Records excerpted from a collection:
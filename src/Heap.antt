-- ===== src/Heap.antt =====
-- kernel/libc/heap.c: the pages that the allocator asks the kernel for.
pub mod Order
mod Tests
use borfos.Common.{ℕ, zero, suc, ◌+◌, ◌-◌, ◌/◌, ◌^◌, Option, none, some, ltb, ◌==◌, if◌then◌else◌}
use borfos.Memory.{page_size}
use borfos.Memory.Kernel.{Memory, kernel_page_allocate, kernel_page_free}

-- `for(; pages > (1u << order); ++order);` with the rounds that are left: 20 are enough for a
-- `size_t`, whose pages are fewer than 2 ^ 20.
unfoldable pub order_loop : ℕ → ℕ → ℕ → ℕ
order_loop zero order pages = order
order_loop (suc rounds) order pages =
    let rest = order_loop rounds (order + 1) pages in if ltb (2 ^ order) pages then rest else order

unfoldable pub mmap_order : ℕ → ℕ
mmap_order s = order_loop 20 0 (s / page_size)

-- `__mmap__`; -1 is its 32 bits.
unfoldable pub mmap : ℕ → Memory → ℕ × Memory
mmap s m =
    let (result, m1) = kernel_page_allocate (mmap_order s) m in
    (if result == 0 then 2 ^ 32 - 1 else result, m1)

-- The state after `__munmap__`, which returns 0.
unfoldable pub munmap : ℕ → ℕ → Memory → Option Memory
munmap addr s m = kernel_page_free addr m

Activity
Whenever "then" occurs in a line of the entries, copy that line.

Solution below
use borfos.Common.{ℕ, zero, suc, ◌+◌, ◌-◌, ◌/◌, ◌^◌, Option, none, some, ltb, ◌==◌, if◌then◌else◌}
    let rest = order_loop rounds (order + 1) pages in if ltb (2 ^ order) pages then rest else order
    (if result == 0 then 2 ^ 32 - 1 else result, m1)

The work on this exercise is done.